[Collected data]
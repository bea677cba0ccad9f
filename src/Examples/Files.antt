-- ===== src/Examples/Files.antt =====
-- Examples of directories, files and transfers over the devices of the examples.
use libtopfield.Base.{ℕ, suc, ◌+◌, ◌≡◌, refl, ap, arith, List, [], ◌∷◌, ◌++◌, length, take, zero}
use libtopfield.Base.Int.{pos, negsuc}
use libtopfield.Bytes.{put_u32, put_u64, get_u32}
use libtopfield.Packet.{TfPacket, tf_req_init, tf_req_done}
use libtopfield.Handle.{State}
use libtopfield.Transfer.{usb_bulk_write, usb_bulk_read}
use libtopfield.Transfer.Write.{Accepts, Delivers, usb_bulk_write-Delivers}
use libtopfield.Transfer.Read.{Brings, Retrieves, usb_bulk_read-Retrieves}
use libtopfield.Fw.{FwPacket, fw_req_done, fw_send}
use libtopfield.Fw.Wire.{wire_of}
use libtopfield.Handle.{Usb}
use libtopfield.Fw.Send.{Reports, Counts, Sends, fw_send-Sends}
use libtopfield.Put.Block.{HasBlock}
use libtopfield.Get.Next.{Fetches, tf_cmd_get_next-Fetches}
use libtopfield.Get.Stream.{Streams}
use libtopfield.Packet.Shape.{tf_req_init-IsRequest}
use libtopfield.Examples.Device.{sevens, device, opened, open_handle, kernel}
use libtopfield.Msg

accepts : Accepts kernel (λ w. w)
accepts = record {
  bounded = λ w ep bytes len timeout n e. ground (arith, e);
  logged = λ w ep bytes len timeout n e.
      let same : len ≡ n = ground (arith, e) in ap (λ m. w ++ take m bytes) same;
  failed = λ w ep bytes len timeout n e. cc;
}

usb_bulk_write-Delivers_example :
    Delivers
      (λ w. w)
      []
      (1 ∷ 2 ∷ 3 ∷ 4 ∷ 5 ∷ [])
      5
      (usb_bulk_write kernel 2 [] 0x81 (1 ∷ 2 ∷ 3 ∷ 4 ∷ 5 ∷ []) 5 11000)
usb_bulk_write-Delivers_example =
    usb_bulk_write-Delivers kernel 2 (λ w. w) accepts [] 0x81 (1 ∷ 2 ∷ 3 ∷ 4 ∷ 5 ∷ []) 5 11000

length-sevens : (n : ℕ) → length (sevens n) ≡ n
length-sevens zero = refl
length-sevens (suc n) = omega (arith, length-sevens n)

brings : Brings kernel (λ w. w)
brings = record {
  bounded = λ w ep len timeout n e. ground (arith, e);
  present = λ w ep len timeout n e. let count = length-sevens len in ground (arith, e, count);
  logged = λ w ep len timeout n e.
      let same : len ≡ n = ground (arith, e) in ap (λ m. w ++ take m (sevens len)) same;
  failed = λ w ep len timeout n e. cc;
}

usb_bulk_read-Retrieves_example : Retrieves (λ w. w) [] 5 (usb_bulk_read kernel 2 [] 0x82 5 11000)
usb_bulk_read-Retrieves_example = usb_bulk_read-Retrieves kernel 2 (λ w. w) brings [] 0x82 5 11000

-- A bus that keeps the bytes that went out, and their number with those behind a packet.
abbrev counting : Usb (List ℕ × ℕ)
counting = record {
  bulk_write = λ w endpoint bytes len timeout. (pos len, (w.0 ++ take len bytes, w.1 + len));
  bulk_read = λ w endpoint size timeout. (negsuc 0, [], w);
  sleep = λ w n. w;
}

carries : Reports counting (λ w. w.0)
carries w endpoint bytes len timeout e = refl

counts : Counts counting (λ w. w.1)
counts w endpoint bytes len timeout e = refl

abbrev firmware : FwPacket
firmware = record { seq = 1; cmd = 5; payload = 1 ∷ 2 ∷ 3 ∷ [] }

abbrev ready : State (List ℕ × ℕ)
ready = record { tf = open_handle; world = ([], 0) }

fw_send-Sends_example :
    Sends
      (λ w. w.0)
      (λ w. w.1)
      ready
      (wire_of 1 5 (1 ∷ 2 ∷ 3 ∷ []))
      (fw_send counting (fw_req_done firmware) ready)
fw_send-Sends_example =
    fw_send-Sends counting (λ w. w.0) (λ w. w.1) ready firmware carries counts refl (omega arith)

abbrev block : TfPacket
block = record {
  length = 19;
  cmd = put_u32 Msg.hdd_file_data;
  body = put_u64 4096 ++ 1 ∷ 2 ∷ 3 ∷ [];
}

block-HasBlock : HasBlock block 4096 (1 ∷ 2 ∷ 3 ∷ [])
unfolding tf_req_init put_u32 put_u64
block-HasBlock = record {
  request = record {
    sized = refl;
    fits = omega arith;
    cmd_sized = refl;
    cmd_bytes = omega arith;
    body_bytes = omega arith;
  };
  cmd_is = refl;
  length_is = refl;
  body_is = refl;
}

tf_cmd_get_next-Fetches_example :
    Fetches device (opened ((tf_req_done block ++ []) ∷ [])) 4096 (1 ∷ 2 ∷ 3 ∷ []) (pos 8)
tf_cmd_get_next-Fetches_example =
    tf_cmd_get_next-Fetches device (opened ((tf_req_done block ++ []) ∷ [])) block 4096
      (1 ∷ 2 ∷ 3 ∷ []) [] [] [] (pos 8) refl refl refl (omega arith) (omega arith) block-HasBlock tt
      refl refl

abbrev end_packet : TfPacket
end_packet = tf_req_init Msg.hdd_file_end

abbrev pub two_packets : List (List ℕ)
two_packets = (tf_req_done block ++ []) ∷ (tf_req_done end_packet ++ []) ∷ []

pub small_file : Streams device 11000 two_packets ((4096, 1 ∷ 2 ∷ 3 ∷ []) ∷ [])
small_file =
    Streams.sends _ _ _ block 4096 (1 ∷ 2 ∷ 3 ∷ []) [] [] (omega arith) (omega arith) block-HasBlock
      tt refl refl
      (Streams.ends _ _ _ end_packet [] (pos 8) (tf_req_init-IsRequest Msg.hdd_file_end)
        (unfold get_u32 tf_req_init put_u32 in refl) tt refl refl)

• **DIRECTIONS**: Check each line of the records for the word "Retrieves", and show the lines that contain it.

• **SOLUTION**:
use libtopfield.Transfer.Read.{Brings, Retrieves, usb_bulk_read-Retrieves}
usb_bulk_read-Retrieves_example : Retrieves (λ w. w) [] 5 (usb_bulk_read kernel 2 [] 0x82 5 11000)
usb_bulk_read-Retrieves_example = usb_bulk_read-Retrieves kernel 2 (λ w. w) brings [] 0x82 5 11000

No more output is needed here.